# Southern Style List



## 7starmantis (Feb 16, 2005)

Since we now have a thread dedicated to Southern systems, I thought it a great chance to list southern systems. I know only a few, so let the listing begin!!

 7sm


----------



## clfsean (Feb 16, 2005)

5 Families:

Hung
Choy
Mok 
Lee 
Lau 
Fut Ga
Hung Kuen
Hung Men
Choy Lee Fut Kuen
Hung Fut Kuen
Jow Ga
Lama Pai/Bak Hok/Hop Ga
Southern Lohan
Black Tiger

Bak Mei Pai
Lung Ying Pai
Yau Kung Mun
Wing Chun
Fukienese White Crane

Southern Praying Mantis

Jook Lum
Iron Ox
Chow Ga
 
for starters....


----------



## 7starmantis (Feb 16, 2005)

Good list

7sm


----------



## Black Tiger Fist (Mar 9, 2005)

Damn!


Sean cornered the market ha ha haha.... 

I'll have to think now ,but off the top of my head Cheung Kune Pai (Southern Tai Tzu's Chang Chuan)

jeff


----------



## JBrainard (Jan 19, 2007)

Isn't Tiger/Crane a Southern Style?


----------



## clfsean (Jan 20, 2007)

JBrainard said:


> Isn't Tiger/Crane a Southern Style?


 
Yeah... it's a Hung Ga offshoot thingy...


----------



## kidswarrior (Jan 28, 2007)

Don't believe I saw this on the list: Tsoi Li Hoi Fut, or Toy Li Haw Fut. Some add Hung or even Hung Ga, although most first generation masters (first in the US, that is) seem to draw a deep line between this art and either Choy Lay Fut or Hung Gar. At any rate, it's known mostly by Kung Fu San Soo, passed down by Grandmaster Jimmy H Woo (Chin Siu Dek).

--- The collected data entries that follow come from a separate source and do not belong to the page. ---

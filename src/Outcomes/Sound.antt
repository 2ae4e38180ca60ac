-- ===== src/Outcomes/Sound.antt =====
-- What an outcome that `OutcomeEvaluator.evaluate` returns is.
-- The levels that a proposal gives, on the right sides of its entry.
use my_team_tradding.Decimal.{Decimal, DecimalContext}
use my_team_tradding.Outcomes.{
  Candle, Levels, Outcome, OutcomeBounds, check_horizon, check_order, evaluate_outcome, is_directed,
  levels_of, lifted, priced_levels, same_timeframe, walk,
}
use my_team_tradding.Outcomes.Path.{IsPath, walk-IsPath}
use my_team_tradding.Outcomes.Touch.{
  IsDirected, IsFirstTouch, IsFirstTouch-of_resolved, is_directed-IsDirected,
}
use my_team_tradding.Prelude.{
  All, List, Option, [], any, ap, arith, false, is_empty, leb, length, ltb, none, not, or-eq-false,
  some, str_eq, subst, sym, true, ℕ, ◌+◌, ◌<◌, ◌||◌, ◌∷◌, ◌≡◌, ◌≤◌,
}
use my_team_tradding.Prelude.Int.{pos}
use my_team_tradding.Prelude.Result.{
  >>=-returned, Result, err, ok, ok-injective, passed-eq-ok, refused-eq-ok,
}
use my_team_tradding.Replay.Clock.{ReplayError}
use my_team_tradding.Risk.Types.{TradeProposal, TradeSide}

pub record IsLevels (proposal : TradeProposal) (levels : Levels) : Type 0 where
  pub same_side : levels.side ≡ proposal.side
  pub entry_is : proposal.entry ≡ some levels.entry
  pub stop_is : proposal.stop_loss ≡ some levels.stop
  pub target_is : proposal.take_profit ≡ some levels.target
  pub directed : IsDirected levels.side levels

-- The outcome is that of the walk over candles that lie behind the decision and before the end of the
-- partition.
pub record IsOutcome (proposal : TradeProposal) (bounds : OutcomeBounds) (candles : List Candle)
    (o : Outcome) : Type 0 where
  pub levels : Levels
  pub levels_are : IsLevels proposal levels
  pub path : IsPath levels (pos 0) (pos 0) candles o.path
  pub first_touch : IsFirstTouch levels candles o.path
  pub after_decision :
      All
        (λ candle.
          (bounds.decision_cutoff ≤ candle.open_time)
          × (bounds.decision_cutoff < candle.close_time))
        candles
  pub before_end : All (λ candle. candle.close_time ≤ bounds.evaluation_end) candles

check_order-All :
    (bounds : OutcomeBounds) (previous_open : Option ℕ) (candles : List Candle)
    → check_order bounds previous_open candles ≡ ok tt
    → All
        (λ candle.
          (bounds.decision_cutoff ≤ candle.open_time)
          × (bounds.decision_cutoff < candle.close_time))
        candles
unfolding check_order
check_order-All bounds previous_open [] h = tt
check_order-All bounds previous_open (candle ∷ rest) h =
    let (inside, h1) =
      refused-eq-ok
        (not (str_eq candle.symbol bounds.symbol)
          || (not (same_timeframe candle.timeframe bounds.timeframe)
              || (ltb candle.open_time bounds.decision_cutoff
                  || leb candle.close_time bounds.decision_cutoff)))
        _ _ _ h in
    let (chronological, h2) =
      refused-eq-ok
        (elim previous_open [ none ↦ false | some before ↦ leb candle.open_time before ]) _ _ _
        h1 in
    (ground arith, check_order-All bounds (some candle.open_time) rest h2)

any-le :
    (limit : ℕ) (candles : List Candle)
    → any (λ candle. ltb limit candle.close_time) candles ≡ false
    → All (λ candle. candle.close_time ≤ limit) candles
any-le limit [] h = tt
any-le limit (candle ∷ rest) h =
    let (here, others) = or-eq-false (ltb limit candle.close_time) _ h in
    (ground arith, any-le limit rest others)

check_horizon-end :
    (bounds : OutcomeBounds) (candles : List Candle)
    → check_horizon bounds candles ≡ ok tt
    → All (λ candle. candle.close_time ≤ bounds.evaluation_end) candles
unfolding check_horizon
check_horizon-end bounds candles h =
    let (few, h1) =
      refused-eq-ok (elim bounds.max_bars [ none ↦ false | some bars ↦ ltb bars (length candles) ])
        _ _ _ h in
    let (soon, h2) =
      refused-eq-ok
        (elim bounds.max_elapsed [
          | none ↦ false
          | some elapsed ↦
              any (λ candle. ltb (bounds.decision_cutoff + elapsed) candle.close_time) candles
        ])
        _ _ _ h1 in
    let (ended, h3) =
      refused-eq-ok (any (λ candle. ltb bounds.evaluation_end candle.close_time) candles) _ _ _
        h2 in
    any-le bounds.evaluation_end candles ended

levels_given :
    (side : TradeSide) (oe ol ot : Option Decimal) (levels : Levels)
    → priced_levels side oe ol ot ≡ ok levels
    → (levels.side ≡ side)
      × (oe ≡ some levels.entry)
      × (ol ≡ some levels.stop)
      × (ot ≡ some levels.target)
      × (is_directed side levels.entry levels.stop levels.target ≡ true)
unfolding priced_levels
levels_given side none ol ot levels h = cc
levels_given side (some e) none ot levels h = cc
levels_given side (some e) (some l) none levels h = cc
levels_given side (some e) (some l) (some t) levels h =
    let (directed, same) = passed-eq-ok (is_directed side e l t) _ _ _ h in
    let e : ◌≡◌ {A = Levels} (record { side = side; entry = e; stop = l; target = t }) levels =
      ok-injective same in
    (
      ap (λ x. x.side) (sym e),
      ap (λ x. some x.entry) e,
      ap (λ x. some x.stop) e,
      ap (λ x. some x.target) e,
      subst (λ x. is_directed side x.entry x.stop x.target ≡ true) e directed,
    )

levels_of-IsLevels :
    (proposal : TradeProposal) (levels : Levels)
    → levels_of proposal ≡ ok levels
    → IsLevels proposal levels
unfolding levels_of
levels_of-IsLevels proposal levels h =
    let (side, entry, stop, target, directed) =
      levels_given proposal.side proposal.entry proposal.stop_loss proposal.take_profit levels h in
    record {
      same_side = side;
      entry_is = entry;
      stop_is = stop;
      target_is = target;
      directed = is_directed-IsDirected levels.side levels (rw side directed);
    }

lifted-ok : {A : Type 0} (m : Result ReplayError A) (value : A) → lifted m ≡ ok value → m ≡ ok value
lifted-ok (ok v) value h = cc
lifted-ok (err e) value h = cc

-- An outcome that the evaluation returns is that of the walk: the stop and the target of the proposal
-- are on their sides of the entry; the outcome resolves at the first candle that touches a level, as
-- the prices of that candle reach the target, the stop or both, or not at all; its excursions cover
-- the evaluated candles; and every candle lies behind the decision and before the end of the partition.
pub evaluate_outcome-IsOutcome :
    (c : DecimalContext) (proposal : TradeProposal) (bounds : OutcomeBounds) (candles : List Candle)
    (o : Outcome)
    → evaluate_outcome c proposal bounds candles ≡ ok o
    → IsOutcome proposal bounds candles o
unfolding evaluate_outcome
evaluate_outcome-IsOutcome c proposal bounds candles o h =
    let (levels, given, h1) = >>=-returned (lifted (levels_of proposal)) _ h in
    let (u, ordered, h2) = >>=-returned (lifted (check_order bounds none candles)) _ h1 in
    let (v, bounded, h3) = >>=-returned (lifted (check_horizon bounds candles)) _ h2 in
    let (nonempty, same) = refused-eq-ok (is_empty candles) _ _ _ h3 in
    subst (IsOutcome proposal bounds candles) (ok-injective same) (record {
      levels = levels;
      levels_are = levels_of-IsLevels proposal levels (lifted-ok _ levels given);
      path = walk-IsPath levels (pos 0) (pos 0) candles;
      first_touch =
          IsFirstTouch-of_resolved levels candles (walk levels (pos 0) (pos 0) candles)
            (walk-IsPath levels (pos 0) (pos 0) candles).resolved;
      after_decision = check_order-All bounds none candles (lifted-ok _ tt ordered);
      before_end = check_horizon-end bounds candles (lifted-ok _ tt bounded);
    })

For me, much easier and less controversial to call it as I learned it, Kung Fu San Soo.


----------



## Xue Sheng (Jan 28, 2007)

kidswarrior said:


> Don't believe I saw this on the list: Tsoi Li Hoi Fut, or Toy Li Haw Fut. Some add Hung or even Hung Ga, although most first generation masters (first in the US, that is) seem to draw a deep line between this art and either Choy Lay Fut or Hung Gar. At any rate, it's known mostly by Kung Fu San Soo, passed down by Grandmaster Jimmy H Woo (Chin Siu Dek).
> 
> For me, much easier and less controversial to call it as I learned it, Kung Fu San Soo.


 

Not being a Southern stylist I could be wrong here but there may be a bit of confusion in spelling going on beteen Wade Giles which is what it is likely any older SOuthern stylists would use and Pinyin which is more prevalent today and in te North all together.

Ts is Wade Giles


----------



## kidswarrior (Jan 28, 2007)

Thanks for the added clarification. 
-KW


----------



## shifu (Jan 28, 2007)

Minghequan (Calling White Crane) Fujian


----------



## Xue Sheng (Jan 28, 2007)

oops, it probably would have helped if I said that 

"ts" in Wade Giles is the same as a "c" in pinyin


----------



## searcher (Jan 29, 2007)

Wing Chun?   I have little to no experience in CMAs, so I may be wrong.


----------



## kidswarrior (Jan 31, 2007)

Xue Sheng said:


> oops, it probably would have helped if I said that
> 
> "ts" in Wade Giles is the same as a "c" in pinyin


 
OK, now it's coming together for me. I've seen the Chinese name for Kung Fu San Soo alternately begin with _tsoi_ and _choy_ (same meaning, different spellings). Again, thanks for the clarification. Learned several languages years ago--too old to learn Chinese now:whip1: .


----------



## Rattan_Bridge108 (Jan 31, 2007)

Wu Mei Pai

www.wumei.com

Fu Hok Yau Kung 

www.fuhok.org

Mok gar and Lung ying

www.sojournpast.com

Gee Sim Weng Chun (not Wing Chun)

www.Wengchun.net

These are some esoteric southern systems that I find quite interesting.


----------



## Tames D (Jun 5, 2007)

kidswarrior said:


> Don't believe I saw this on the list: Tsoi Li Hoi Fut, or Toy Li Haw Fut. Some add Hung or even Hung Ga, although most first generation masters (first in the US, that is) seem to draw a deep line between this art and either Choy Lay Fut or Hung Gar. At any rate, it's known mostly by Kung Fu San Soo, passed down by Grandmaster Jimmy H Woo (Chin Siu Dek).
> 
> For me, much easier and less controversial to call it as I learned it, Kung Fu San Soo.


Jimmy Woo told me once that he considered San Soo (Tsoi Li Ho Fut Hung) a Southern and Northern system as it was practiced in both. But I do think alot of people think of it as a Southern Art.


----------